• [Extracted material]:
---
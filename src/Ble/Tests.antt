-- ===== src/Ble/Tests.antt =====
-- Runs of the Bluetooth LE codec on concrete frames.
use supertooth.Base.{
  Bytes, List, [], arith, at, if◌then◌else◌, inl, inr, ltb, refl, replicate, some, suc, true, zero,
  ℕ, ◌%◌, ◌*◌, ◌+◌, ◌↔◌, ◌∷◌, ◌≡◌, ◌≢◌,
}
use supertooth.Ble.Whiten.{dewhiten}
use supertooth.Ble.Whiten.Stream.{key_bit, dewhiten-key_bit}
use supertooth.Ble.Crc.{crc_calc}
use supertooth.Ble.Crc.Detect.{crc_calc_distinct}
use supertooth.Ble.CrcInit.{fresh, tables_init, reverse_init_len2}
use supertooth.Ble.CrcInit.Recover.{reverse_init_len2-crc_calc, crc_calc-reverse_init_len2}
use supertooth.Ble.Frame.{Frame, data_frame, Packet, adv, decode_frame, decode_dewhitened}
use supertooth.Base.Bits.{bit}
use supertooth.Ble.Frame.Payload.{public, random}
use supertooth.Ble.Frame.Sent.{advertise_nonconn, header_of, content_of, pdu_sent}
use supertooth.Ble.Frame.RoundTrip.{adv_crc, received, decode_frame-received}
use supertooth.Ble.Channels.{rf_for_channel_number, channel_number_for_rf}
use supertooth.Ble.Channels.{rf_for_channel_number-channel_number_for_rf_iff}
use supertooth.Ble.AdvInfo.{AdvInfo, no_info, has_uuid, adv_info_merge}
use supertooth.Ble.AdvInfo.Parse.{adv_parse_info}
use supertooth.Ble.AdvInfo.Valid.{InfoIsValid, adv_parse_info-InfoIsValid}
use supertooth.Ble.AdvInfo.Items.{Item, some_flags, services16, other, class}
use supertooth.Ble.AdvInfo.Merge.{
  Extends, count_full, adv_info_merge-InfoIsValid, adv_info_merge-count_full,
}
use supertooth.Ble.ConnectInd.{ConnectIndParams, connect_ind_parse}
use supertooth.Ble.ConnectInd.RoundTrip.{ll_data_of, connect_ind_parse-ll_data_of}

-- An empty data PDU.
abbrev empty_pdu : Bytes
empty_pdu = 1 ∷ 0 ∷ []

reverse_init_len2-crc_calc_example :
    reverse_init_len2 fresh empty_pdu (crc_calc empty_pdu 2 0x123456)
    ≡ (0x123456, tables_init fresh)
reverse_init_len2-crc_calc_example =
    reverse_init_len2-crc_calc fresh empty_pdu 0x123456 (inl refl) (omega arith)

crc_calc-reverse_init_len2_example :
    crc_calc empty_pdu 2 (reverse_init_len2 (tables_init fresh) empty_pdu 0xabcdef).0 ≡ 0xabcdef
crc_calc-reverse_init_len2_example =
    crc_calc-reverse_init_len2 (tables_init fresh) empty_pdu 0xabcdef (inr refl) (omega arith)

-- ADV_NONCONN_IND of a device with a random address and the flags.
abbrev adv_payload : Bytes
adv_payload = 1 ∷ 2 ∷ 3 ∷ 4 ∷ 5 ∷ 6 ∷ 2 ∷ 1 ∷ 6 ∷ []

decode_frame-received_example :
    let m = advertise_nonconn (1 ∷ 2 ∷ 3 ∷ 4 ∷ 5 ∷ 6 ∷ []) (2 ∷ 1 ∷ 6 ∷ []) in
    let header = header_of m random public 2 in
    (p : Packet) × (decode_frame (received 0 37 header (content_of m) (7 ∷ 8 ∷ [])) 37 ≡ some p)
    × (p.crc_ok ≡ 1)
    × (p.crc ≡ adv_crc header (content_of m))
    × (p.pdu ≡ adv (pdu_sent m random public))
decode_frame-received_example =
    decode_frame-received 0 37 2 (advertise_nonconn (1 ∷ 2 ∷ 3 ∷ 4 ∷ 5 ∷ 6 ∷ []) (2 ∷ 1 ∷ 6 ∷ []))
      random public (7 ∷ 8 ∷ []) (refl, omega arith) (omega arith)

-- The last bit of the second byte, of three of which two are whitened.
dewhiten-key_bit_example :
    bit (at (dewhiten (0x12 ∷ 0x34 ∷ 0x56 ∷ []) 2 37) 1) 7
    ≡ (bit (at (0x12 ∷ 0x34 ∷ 0x56 ∷ []) 1) 7
        + (if ltb 1 2 then key_bit (37 % 64) (8 * 1 + 7) else 0))
      % 2
dewhiten-key_bit_example =
    dewhiten-key_bit (0x12 ∷ 0x34 ∷ 0x56 ∷ []) 2 37 1 7 (omega arith) (omega arith)

-- A frame of two header bytes and a checksum.
abbrev short_frame : ℕ → Frame
short_frame n = record {
  phy = 0;
  kind = data_frame;
  preamble = 0xaa;
  access_address = 0x12345678;
  crc_init = 0;
  crc_ok = 0;
  raw_pdu = 1 ∷ 0 ∷ 3 ∷ 4 ∷ 5 ∷ [];
  raw_pdu_bytes = n;
}

-- What the shortest frame is decoded to.
abbrev short_packet : Packet
short_packet = decode_dewhitened (short_frame 5) (dewhiten (1 ∷ 0 ∷ 3 ∷ 4 ∷ 5 ∷ []) 5 0) 2

-- The second byte is damaged.
apart_elsewhere : (k : ℕ) → k ≢ 1 → at empty_pdu k ≡ at (1 ∷ 6 ∷ []) k
apart_elsewhere zero h = refl
apart_elsewhere (suc zero) h = absurd (h refl)
apart_elsewhere (suc (suc k)) h = refl

crc_calc_distinct_example : crc_calc empty_pdu 2 0x555555 ≢ crc_calc (1 ∷ 6 ∷ []) 2 0x555555
crc_calc_distinct_example =
    crc_calc_distinct empty_pdu (1 ∷ 6 ∷ []) 2 0x555555 1 (omega arith) apart_elsewhere
      (omega arith) (omega arith) (omega arith)

rf_for_channel_number-channel_number_for_rf_iff_example :
    (channel_number_for_rf 12 ≡ 38) ↔ (rf_for_channel_number 38 ≡ 12)
rf_for_channel_number-channel_number_for_rf_iff_example =
    rf_for_channel_number-channel_number_for_rf_iff 12 38 (omega arith) (omega arith)

abbrev connection : ConnectIndParams
connection = record {
  access_address = 0xaf9a8b7c;
  crc_init = 0x123456;
  window_size = 2;
  window_offset = 300;
  interval = 36;
  latency = 0;
  timeout = 42;
  channel_map = 255 ∷ 255 ∷ 255 ∷ 255 ∷ 31 ∷ [];
  hop_increment = 9;
  sleep_clock_accuracy = 5;
}

connect_ind_parse-ll_data_of_example : connect_ind_parse (ll_data_of connection) ≡ connection
connect_ind_parse-ll_data_of_example = connect_ind_parse-ll_data_of connection record {
  access_address_fits = omega arith;
  crc_init_fits = omega arith;
  window_size_fits = omega arith;
  window_offset_fits = omega arith;
  interval_fits = omega arith;
  latency_fits = omega arith;
  timeout_fits = omega arith;
  channel_map_size = refl;
  hop_increment_fits = omega arith;
  sleep_clock_accuracy_fits = omega arith;
}

-- The flags, two service addresses of which one stands twice, and a 128-bit one.
abbrev adv_info_bytes : Bytes
adv_info_bytes = 2 ∷ 1 ∷ 6 ∷ 7 ∷ 3 ∷ 0x0f ∷ 0x18 ∷ 0x0d ∷ 0x18 ∷ 0x0f ∷ 0x18 ∷ []

abbrev full_uuid : Bytes
full_uuid = replicate 16 0x5a

adv_parse_info-InfoIsValid_example : InfoIsValid (adv_parse_info adv_info_bytes 11)
adv_parse_info-InfoIsValid_example = adv_parse_info-InfoIsValid adv_info_bytes 11

parsed_services : (adv_parse_info adv_info_bytes 11).service_uuids ≡ 0x180f ∷ 0x180d ∷ []
unfolding adv_parse_info has_uuid
parsed_services = refl

battery_parsed : has_uuid 0x180f (adv_parse_info adv_info_bytes 11).service_uuids ≡ true
unfolding adv_parse_info has_uuid
battery_parsed = refl

-- A summary with one 128-bit address, merged into itself.
abbrev one_full : AdvInfo
one_full = record no_info { uuid128 = full_uuid ∷ []; uuid128_total = 1 }

adv_info_merge-count_full_example : (adv_info_merge one_full one_full).uuid128_total ≡ (
    if ltb (one_full.uuid128_total + count_full one_full.uuid128) one_full.uuid128_total
    then one_full.uuid128_total
    else one_full.uuid128_total + count_full one_full.uuid128)
adv_info_merge-count_full_example = adv_info_merge-count_full one_full one_full (omega arith)

-- The flags, two services, a name that is passed over, an end marker, and more behind it.
abbrev four_items : List Item
four_items =
    some_flags 6 []
    ∷ services16 true (0x180f ∷ 0x180d ∷ [])
    ∷ other 0x09 (0x61 ∷ 0x62 ∷ [])
    ∷ class 0x5a020c []
    ∷ []

-- The first merge of a device that was not seen before.
no_info-InfoIsValid : InfoIsValid no_info
no_info-InfoIsValid = record {
  room16 = omega arith;
  distinct16 = tt;
  room32 = omega arith;
  distinct32 = tt;
  room128 = omega arith;
}

adv_info_merge-InfoIsValid_example :
    InfoIsValid (adv_info_merge no_info (adv_parse_info adv_info_bytes 11))
    × Extends no_info (adv_info_merge no_info (adv_parse_info adv_info_bytes 11))
adv_info_merge-InfoIsValid_example =
    adv_info_merge-InfoIsValid no_info (adv_parse_info adv_info_bytes 11) no_info-InfoIsValid
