-- ===== src/Ble/Whiten/Period.antt =====
-- The whitening register of `ble_dewhiten` runs through all its 127 states.
use supertooth.Base.{
  ℕ, zero, suc, ◌+◌, ◌<◌, ◌≡◌, ◌≢◌, refl, arith, Bool, true, false, ◌&&◌, ◌||◌, not, ◌==◌, ==_iff,
  all_below, all_below_sound,
}
use supertooth.Ble.Whiten.{shift_register}

-- The register after `n` bits.
pub registers : ℕ → ℕ → ℕ
registers zero lfsr = lfsr
registers (suc n) lfsr = registers n (shift_register lfsr)

-- Whether `start` is among the next `n` states, the present one included.
meets : ℕ → ℕ → ℕ → Bool
meets zero start lfsr = false
meets (suc n) start lfsr = (lfsr == start) || meets n start (shift_register lfsr)

meets-false : (n start lfsr k : ℕ) → meets n start lfsr ≡ false → k < n → registers k lfsr ≢ start
unfolding meets registers
meets-false zero start lfsr k h lt = absurd (omega arith)
meets-false (suc n) start lfsr zero h lt = ground arith
meets-false (suc n) start lfsr (suc k) h lt =
    meets-false n start (shift_register lfsr) k (ground arith) (omega arith)

abbrev full_period_at : ℕ → Bool
full_period_at s =
    not (meets 126 (s + 1) (shift_register (s + 1))) && (registers 127 (s + 1) == s + 1)

full_period_table : all_below 127 full_period_at ≡ true
unfolding meets registers shift_register
full_period_table = refl

full_period :
    (s : ℕ)
    → s < 127
    → (registers 127 (s + 1) ≡ s + 1) × (meets 126 (s + 1) (shift_register (s + 1)) ≡ false)
full_period s h = ground (
  arith,
  all_below_sound 127 full_period_at s full_period_table h,
  ==_iff (registers 127 (s + 1)) (s + 1),
)

-- From any state but 0 the register comes back after 127 bits, and not before.
pub registers_period :
    (lfsr : ℕ)
    → 0 < lfsr
    → lfsr < 128
    → (registers 127 lfsr ≡ lfsr) × ((n : ℕ) → 0 < n → n < 127 → registers n lfsr ≢ lfsr)
unfolding registers
registers_period zero p h = absurd (omega arith)
registers_period (suc s) p h =
    let e : s + 1 ≡ suc s = omega arith in
    let (back, apart) = full_period s (omega arith) in (rw e at back, later apart)
  where
    later :
        meets 126 (s + 1) (shift_register (s + 1)) ≡ false
        → (n : ℕ) → 0 < n
        → n < 127
        → registers n (suc s) ≢ suc s
    later apart zero p q = absurd (omega arith)
    later apart (suc n) p q =
        let e : s + 1 ≡ suc s = omega arith in
        meets-false 126 (suc s) (shift_register (suc s)) n (rw e at apart) (omega arith)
---
• [Work to complete]:
Copy each line exactly, from the line containing "abbrev full_period_at : ℕ → Bool" down to the last line of the material, and no other lines.

• [Result of this task]:
abbrev full_period_at : ℕ → Bool
full_period_at s =
    not (meets 126 (s + 1) (shift_register (s + 1))) && (registers 127 (s + 1) == s + 1)

full_period_table : all_below 127 full_period_at ≡ true
unfolding meets registers shift_register
full_period_table = refl

full_period :
    (s : ℕ)
    → s < 127
    → (registers 127 (s + 1) ≡ s + 1) × (meets 126 (s + 1) (shift_register (s + 1)) ≡ false)
full_period s h = ground (
  arith,
  all_below_sound 127 full_period_at s full_period_table h,
  ==_iff (registers 127 (s + 1)) (s + 1),
)

-- From any state but 0 the register comes back after 127 bits, and not before.
pub registers_period :
    (lfsr : ℕ)
    → 0 < lfsr
    → lfsr < 128
    → (registers 127 lfsr ≡ lfsr) × ((n : ℕ) → 0 < n → n < 127 → registers n lfsr ≢ lfsr)
unfolding registers
registers_period zero p h = absurd (omega arith)
registers_period (suc s) p h =
    let e : s + 1 ≡ suc s = omega arith in
    let (back, apart) = full_period s (omega arith) in (rw e at back, later apart)
  where
    later :
        meets 126 (s + 1) (shift_register (s + 1)) ≡ false
        → (n : ℕ) → 0 < n
        → n < 127
        → registers n (suc s) ≢ suc s
    later apart zero p q = absurd (omega arith)
    later apart (suc n) p q =
        let e : s + 1 ≡ suc s = omega arith in
        meets-false 126 (suc s) (shift_register (suc s)) n (rw e at apart) (omega arith)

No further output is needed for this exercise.